Я быстро влезаю в джинсы и уже на бегу натягиваю через голову джемпер.
– Мир, – хипповски подняв два пальца, приветствует он, когда я открываю дверь.
– Ты мой семидесятник! – усмехаюсь я, с любопытством косясь на его пакет со снедью.
– Там бейглы
[5], – поймав мой взгляд, поясняет Карл. – Из новой забегаловки через дорогу. Пожалуй, стоит попробовать.
– Клевяк!
– И кто из нас семидесятник?
– Это я с иронией, – усмехаюсь я, торопливо освобождая Карла от его ноши.
– И как нынче поживает наше Белокурое Тщеславие?
– Чудесно – если не считать того, что я устала как собака, вся разбита, а еще из-за ежедневного вдыхания дыма восьми тысяч «Бенсон и Хеджес» скоро останусь совсем без голоса.
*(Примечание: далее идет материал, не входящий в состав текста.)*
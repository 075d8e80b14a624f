-- ===== src/Auth/Login.antt =====
-- Sessions: a code that was sent opens one, and an account that is gone has none.
use gp_connect_server.Common.{
  ℕ, ◌+◌, ◌*◌, ◌<◌, ◌≡◌, refl, inl, inr, Bool, true, ◌||◌, some, List, ◌∷◌, String, arith,
  Option-cases, Bool-cases, nat_eq, string_eq, truthy, is_some_of,
}
use gp_connect_server.Schema.{User, VerificationTokenType}
use gp_connect_server.Prisma.{Prisma, World, Effect}
use gp_connect_server.Handler.{Exception, Reason, ok, err, Result-cases}
use gp_connect_server.Proofs.{Bcrypt, Otp, generate_otp, minute_in_ms}
use gp_connect_server.Identity.{IdentityVerifier}
use gp_connect_server.Verification.{
  get_otp_payload, verify_otp_token, send_phone_verification, send_email_opt,
}
use gp_connect_server.Verification.Otp.{get_otp_payload-ok, get_otp_payload-verify}
use gp_connect_server.Users.{LinkDraw, find_by_identifier, delete_user}
use gp_connect_server.Users.Forgotten.{delete_user-IsForgotten}
use gp_connect_server.Auth.Service.{
  Jwt, sign_token_pair, send_code, login, login_opt, mark_verified, refresh_token,
}

-- The search by identifier.
abbrev is_named : (String → String → Bool) → String → User → Bool
is_named insensitive identifier u = insensitive u.email identifier || is_some_of u.phone identifier

module _ {P : Prisma} where
  -- A session is not refreshed for an account that was deleted.
  pub delete_user-refresh_token :
      (v : IdentityVerifier) (id : ℕ) (w : World P) (j : Jwt) {u : User}
      → (delete_user v id w).0 ≡ ok u
      → let w' = (delete_user v id w).1 in
        refresh_token j id w' ≡ (err (Exception.unauthorized Reason.unspecified), w')
  unfolding refresh_token
  delete_user-refresh_token v id w j h =
      let gone = (delete_user-IsForgotten v id w h).users in ground arith

  send_code-ok :
      (type : VerificationTokenType) (otp : Otp) (new_id user_id : ℕ) (w : World P)
      → (send_code type otp new_id user_id w).0 ≡ ok tt
      → (u : User) × ((get_otp_payload otp new_id user_id type w).0 ≡ ok u)
        × (es : List Effect) × ((send_code type otp new_id user_id w).1
            ≡ record (get_otp_payload otp new_id user_id type w).1 { effects = es })
  unfolding send_code send_phone_verification send_email_opt
  send_code-ok VerificationTokenType.email otp new_id user_id w h =
      elim (Result-cases (get_otp_payload otp new_id user_id VerificationTokenType.email w).0) [
        | inr (x, e) ↦ absurd (ground arith)
        | inl (u, e) ↦ (
          u,
          e,
          Effect.email_otp_mail u.email otp.plain
              ∷ (get_otp_payload otp new_id user_id VerificationTokenType.email w).1.effects,
          ground arith,
        )
      ]
  send_code-ok VerificationTokenType.phone otp new_id user_id w h =
      elim (Result-cases (get_otp_payload otp new_id user_id VerificationTokenType.phone w).0) [
        | inr (x, e) ↦ absurd (ground arith)
        | inl (u, e) ↦ elim (Option-cases u.phone) [
          | inl z ↦ absurd (ground arith)
          | inr (number, is) ↦ elim (Bool-cases (truthy u.phone)) [
            | inr n ↦ absurd (ground arith)
            | inl y ↦ (
              u,
              e,
              Effect.phone_verification_sms number otp.plain
                  ∷ (get_otp_payload otp new_id user_id VerificationTokenType.phone w).1.effects,
              ground arith,
            )
          ]
        ]
      ]

  login-parts :
      (insensitive : String → String → Bool) (otp : Otp) (new_id : ℕ) (identifier : String)
      (type : VerificationTokenType) (w : World P) (u : User)
      → P.user.find_first (is_named insensitive identifier) w.users ≡ some u
      → login insensitive otp new_id identifier (some type) w ≡ send_code type otp new_id u.id w
  unfolding login find_by_identifier
  login-parts insensitive otp new_id identifier type w u f = ground arith

  login_opt-run :
      (b : Bcrypt) (j : Jwt) (insensitive : String → String → Bool) (hash digest : String → String)
      (l : LinkDraw) (identifier code : String) (type : VerificationTokenType) (w : World P)
      (u : User)
      → P.user.find_first (is_named insensitive identifier) w.users ≡ some u
      → (verify_otp_token b l.now u.id code type w).0 ≡ ok true
      → (login_opt b j insensitive hash digest l identifier code type w).0
        ≡ ok (sign_token_pair j u)
  unfolding login_opt find_by_identifier mark_verified
  login_opt-run b j insensitive hash digest l identifier code type w u f e = ground arith

  -- A login and the code that it sent open a session for the account that the identifier names,
  -- whichever channel the code took, in the 15 minutes after it.
  pub login-login_opt :
      (b : Bcrypt) (j : Jwt) (insensitive : String → String → Bool) (hash digest : String → String)
      (l : LinkDraw) (identifier code salt : String) (type : VerificationTokenType) (now new_id : ℕ)
      (w : World P) (u : User)
      → (find_by_identifier insensitive identifier w).0 ≡ ok (some u)
      → (login insensitive (generate_otp b code salt now) new_id identifier (some type) w).0 ≡ ok tt
      → l.now < now + 15 * minute_in_ms
      → let w' =
          (login insensitive (generate_otp b code salt now) new_id identifier (some type) w).1 in
        (login_opt b j insensitive hash digest l identifier code type w').0
        ≡ ok (sign_token_pair j u)
  unfolding find_by_identifier
  login-login_opt b j insensitive hash digest l identifier code salt type now new_id w u f h soon =
      let otp = generate_otp b code salt now in
      let named : P.user.find_first (is_named insensitive identifier) w.users ≡ some u =
        ground arith in
      let parts = login-parts insensitive otp new_id identifier type w u named in
      let (v, sent, es, wrote) = send_code-ok type otp new_id u.id w (rw parts at h) in
      let (_, _, payload) = get_otp_payload-ok otp new_id u.id type w sent in
      let verified = get_otp_payload-verify b code salt now new_id u.id type w es l.now sent soon in
      let world = (login insensitive otp new_id identifier (some type) w).1 in
      let same : world ≡ record (get_otp_payload otp new_id u.id type w).1 { effects = es } =
        ground arith in
      let users : world.users ≡ w.users = ground arith in
      login_opt-run b j insensitive hash digest l identifier code type world u (rw users named)
        (rw (same, verified) refl)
Ну а ты как?
– Клевяк, – улыбается в ответ Карл.
На кухне, оснащенной разве что буфетом да еле дышащим газовым бойлером, уже целую вечность закипает чайник – я же пока кладу нам в чашки по паре ложек дешевого растворимого кофе. Карл тем временем принимается намазывать бейглы сливочным сыром, прихваченным в той же забегаловке. Мне даже больно видеть, с какой любовью и заботой он отдается приготовлению для меня завтрака. Да, наша жизнь была бы куда проще, люби я Карла так же, как он меня.
– И не забудь чуточку оставить Пискуну.
Карл возводит глаза к потолку.
– Все ж таки, кроме тебя, это единственный мой друг в этом мире, – добавляю я.
– Эта мышь прогрызла у тебя плинтус и провод от тостера. Не очень-то мне льстит попасть с ним в одну категорию.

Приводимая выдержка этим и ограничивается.